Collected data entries
++++++++++

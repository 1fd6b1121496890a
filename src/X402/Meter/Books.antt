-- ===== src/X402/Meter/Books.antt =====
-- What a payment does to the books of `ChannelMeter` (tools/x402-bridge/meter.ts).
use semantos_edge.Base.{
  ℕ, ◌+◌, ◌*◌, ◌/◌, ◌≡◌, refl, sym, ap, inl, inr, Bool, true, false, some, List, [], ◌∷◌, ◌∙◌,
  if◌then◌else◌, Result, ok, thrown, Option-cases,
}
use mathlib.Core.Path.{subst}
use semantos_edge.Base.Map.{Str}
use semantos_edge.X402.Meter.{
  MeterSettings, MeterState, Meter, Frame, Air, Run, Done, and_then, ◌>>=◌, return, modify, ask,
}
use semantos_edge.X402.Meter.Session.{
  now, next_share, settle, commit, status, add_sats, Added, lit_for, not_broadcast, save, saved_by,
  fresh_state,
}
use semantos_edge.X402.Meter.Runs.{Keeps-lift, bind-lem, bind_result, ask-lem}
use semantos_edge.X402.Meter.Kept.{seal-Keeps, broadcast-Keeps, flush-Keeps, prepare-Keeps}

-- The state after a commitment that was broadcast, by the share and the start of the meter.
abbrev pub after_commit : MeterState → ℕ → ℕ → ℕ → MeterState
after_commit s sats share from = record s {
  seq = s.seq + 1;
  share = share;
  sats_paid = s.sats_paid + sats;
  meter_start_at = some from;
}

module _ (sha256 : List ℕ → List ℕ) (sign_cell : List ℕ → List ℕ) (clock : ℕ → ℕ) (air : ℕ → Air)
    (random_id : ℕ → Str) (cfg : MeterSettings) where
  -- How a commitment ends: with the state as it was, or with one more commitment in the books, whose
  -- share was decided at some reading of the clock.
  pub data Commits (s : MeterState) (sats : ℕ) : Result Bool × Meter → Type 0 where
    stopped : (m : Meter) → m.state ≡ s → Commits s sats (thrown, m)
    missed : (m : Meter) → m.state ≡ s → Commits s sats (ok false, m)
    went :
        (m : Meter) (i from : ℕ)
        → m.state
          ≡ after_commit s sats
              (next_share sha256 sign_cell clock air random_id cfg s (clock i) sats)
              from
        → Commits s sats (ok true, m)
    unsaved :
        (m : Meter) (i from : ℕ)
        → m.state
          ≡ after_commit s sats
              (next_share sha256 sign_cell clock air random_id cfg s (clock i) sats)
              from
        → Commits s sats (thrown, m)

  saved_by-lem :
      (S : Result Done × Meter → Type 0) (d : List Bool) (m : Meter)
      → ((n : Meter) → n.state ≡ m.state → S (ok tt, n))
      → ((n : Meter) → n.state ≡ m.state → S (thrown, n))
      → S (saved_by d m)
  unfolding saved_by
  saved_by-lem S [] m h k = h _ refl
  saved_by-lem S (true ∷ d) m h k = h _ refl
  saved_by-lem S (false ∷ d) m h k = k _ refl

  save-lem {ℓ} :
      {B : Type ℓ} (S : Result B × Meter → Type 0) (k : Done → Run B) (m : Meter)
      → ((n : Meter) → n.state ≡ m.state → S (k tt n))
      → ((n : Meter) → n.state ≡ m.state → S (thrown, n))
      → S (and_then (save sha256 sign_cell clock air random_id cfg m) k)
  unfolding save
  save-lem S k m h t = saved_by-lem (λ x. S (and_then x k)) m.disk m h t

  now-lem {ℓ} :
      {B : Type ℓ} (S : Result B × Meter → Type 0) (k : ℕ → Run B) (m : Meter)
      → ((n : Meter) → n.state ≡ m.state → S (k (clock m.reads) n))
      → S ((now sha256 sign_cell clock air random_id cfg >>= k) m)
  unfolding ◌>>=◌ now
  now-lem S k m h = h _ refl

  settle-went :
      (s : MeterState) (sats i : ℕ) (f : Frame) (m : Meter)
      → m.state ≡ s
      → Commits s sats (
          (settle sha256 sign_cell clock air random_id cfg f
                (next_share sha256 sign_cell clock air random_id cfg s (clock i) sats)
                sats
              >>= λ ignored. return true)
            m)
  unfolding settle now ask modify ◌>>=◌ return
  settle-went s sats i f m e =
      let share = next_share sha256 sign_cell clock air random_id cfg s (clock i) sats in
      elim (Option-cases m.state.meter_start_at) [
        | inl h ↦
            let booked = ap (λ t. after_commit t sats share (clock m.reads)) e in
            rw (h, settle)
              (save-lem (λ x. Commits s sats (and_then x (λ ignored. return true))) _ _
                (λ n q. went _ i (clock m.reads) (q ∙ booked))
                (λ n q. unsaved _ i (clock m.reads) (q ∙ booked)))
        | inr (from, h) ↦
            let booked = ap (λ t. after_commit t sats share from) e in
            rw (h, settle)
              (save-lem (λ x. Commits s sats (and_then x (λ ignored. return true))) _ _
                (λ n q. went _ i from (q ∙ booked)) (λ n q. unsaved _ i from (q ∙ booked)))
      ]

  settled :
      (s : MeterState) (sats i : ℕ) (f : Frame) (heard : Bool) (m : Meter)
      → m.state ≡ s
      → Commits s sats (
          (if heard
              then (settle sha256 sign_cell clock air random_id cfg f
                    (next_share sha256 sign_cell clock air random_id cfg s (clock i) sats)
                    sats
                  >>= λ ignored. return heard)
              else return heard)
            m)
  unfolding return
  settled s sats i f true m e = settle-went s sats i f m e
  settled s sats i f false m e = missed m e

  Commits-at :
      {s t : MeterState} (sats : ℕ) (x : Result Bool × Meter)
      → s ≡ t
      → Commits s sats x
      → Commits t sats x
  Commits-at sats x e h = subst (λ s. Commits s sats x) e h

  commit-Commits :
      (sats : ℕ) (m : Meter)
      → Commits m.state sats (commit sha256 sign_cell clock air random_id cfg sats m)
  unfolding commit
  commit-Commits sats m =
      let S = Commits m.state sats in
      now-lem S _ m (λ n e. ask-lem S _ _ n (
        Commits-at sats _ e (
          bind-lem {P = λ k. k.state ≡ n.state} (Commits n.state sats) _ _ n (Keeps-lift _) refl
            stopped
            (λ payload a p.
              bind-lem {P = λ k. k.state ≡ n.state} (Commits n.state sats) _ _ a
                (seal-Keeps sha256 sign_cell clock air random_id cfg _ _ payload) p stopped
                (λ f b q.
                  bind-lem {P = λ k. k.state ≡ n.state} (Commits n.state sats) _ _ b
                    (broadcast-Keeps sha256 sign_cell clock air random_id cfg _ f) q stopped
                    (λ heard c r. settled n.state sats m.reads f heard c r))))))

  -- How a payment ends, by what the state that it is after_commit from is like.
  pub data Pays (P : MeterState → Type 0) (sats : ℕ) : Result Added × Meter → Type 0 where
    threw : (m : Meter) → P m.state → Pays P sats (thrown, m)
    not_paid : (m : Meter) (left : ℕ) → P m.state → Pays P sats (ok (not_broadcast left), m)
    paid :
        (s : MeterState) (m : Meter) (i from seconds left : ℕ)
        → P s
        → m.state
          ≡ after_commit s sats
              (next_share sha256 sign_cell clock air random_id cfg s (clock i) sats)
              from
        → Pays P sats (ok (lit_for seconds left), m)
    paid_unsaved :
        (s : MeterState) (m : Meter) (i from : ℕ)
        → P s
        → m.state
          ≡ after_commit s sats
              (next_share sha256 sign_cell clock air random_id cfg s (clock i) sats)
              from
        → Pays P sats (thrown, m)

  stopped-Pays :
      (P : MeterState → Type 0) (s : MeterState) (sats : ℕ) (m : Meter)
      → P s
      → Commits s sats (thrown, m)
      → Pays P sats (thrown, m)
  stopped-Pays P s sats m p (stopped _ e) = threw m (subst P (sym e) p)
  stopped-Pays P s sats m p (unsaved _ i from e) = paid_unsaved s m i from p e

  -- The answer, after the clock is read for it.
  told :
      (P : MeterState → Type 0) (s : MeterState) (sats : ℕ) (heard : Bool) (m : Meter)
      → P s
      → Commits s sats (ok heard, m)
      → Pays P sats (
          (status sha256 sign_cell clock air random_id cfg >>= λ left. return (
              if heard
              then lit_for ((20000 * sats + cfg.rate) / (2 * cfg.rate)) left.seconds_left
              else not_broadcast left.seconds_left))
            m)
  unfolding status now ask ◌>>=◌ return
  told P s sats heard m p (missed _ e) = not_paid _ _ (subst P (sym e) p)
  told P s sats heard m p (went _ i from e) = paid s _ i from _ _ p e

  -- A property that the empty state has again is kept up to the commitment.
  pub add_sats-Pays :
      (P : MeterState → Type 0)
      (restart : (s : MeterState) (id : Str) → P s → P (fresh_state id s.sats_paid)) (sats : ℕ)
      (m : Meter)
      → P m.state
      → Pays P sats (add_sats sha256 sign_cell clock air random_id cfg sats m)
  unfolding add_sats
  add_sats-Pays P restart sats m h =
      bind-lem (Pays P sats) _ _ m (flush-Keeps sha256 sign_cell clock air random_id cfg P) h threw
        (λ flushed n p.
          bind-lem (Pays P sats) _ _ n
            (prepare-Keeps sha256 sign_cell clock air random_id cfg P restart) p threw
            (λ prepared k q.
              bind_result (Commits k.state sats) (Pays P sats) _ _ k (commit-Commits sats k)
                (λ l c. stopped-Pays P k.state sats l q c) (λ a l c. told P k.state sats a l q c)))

++++++++++

**EXERCISE:**
Return exactly, and only, the lines above starting at the line that contains "stopped-Pays P s sats m p (unsaved" and ending at the line that contains "bind-lem (Pays P sats) _ _ n".

**ANSWER TO THE EXERCISE:**
  stopped-Pays P s sats m p (unsaved _ i from e) = paid_unsaved s m i from p e

  -- The answer, after the clock is read for it.
  told :
      (P : MeterState → Type 0) (s : MeterState) (sats : ℕ) (heard : Bool) (m : Meter)
      → P s
      → Commits s sats (ok heard, m)
      → Pays P sats (
          (status sha256 sign_cell clock air random_id cfg >>= λ left. return (
              if heard
              then lit_for ((20000 * sats + cfg.rate) / (2 * cfg.rate)) left.seconds_left
              else not_broadcast left.seconds_left))
            m)
  unfolding status now ask ◌>>=◌ return
  told P s sats heard m p (missed _ e) = not_paid _ _ (subst P (sym e) p)
  told P s sats heard m p (went _ i from e) = paid s _ i from _ _ p e

  -- A property that the empty state has again is kept up to the commitment.
  pub add_sats-Pays :
      (P : MeterState → Type 0)
      (restart : (s : MeterState) (id : Str) → P s → P (fresh_state id s.sats_paid)) (sats : ℕ)
      (m : Meter)
      → P m.state
      → Pays P sats (add_sats sha256 sign_cell clock air random_id cfg sats m)
  unfolding add_sats
  add_sats-Pays P restart sats m h =
      bind-lem (Pays P sats) _ _ m (flush-Keeps sha256 sign_cell clock air random_id cfg P) h threw
        (λ flushed n p.
          bind-lem (Pays P sats) _ _ n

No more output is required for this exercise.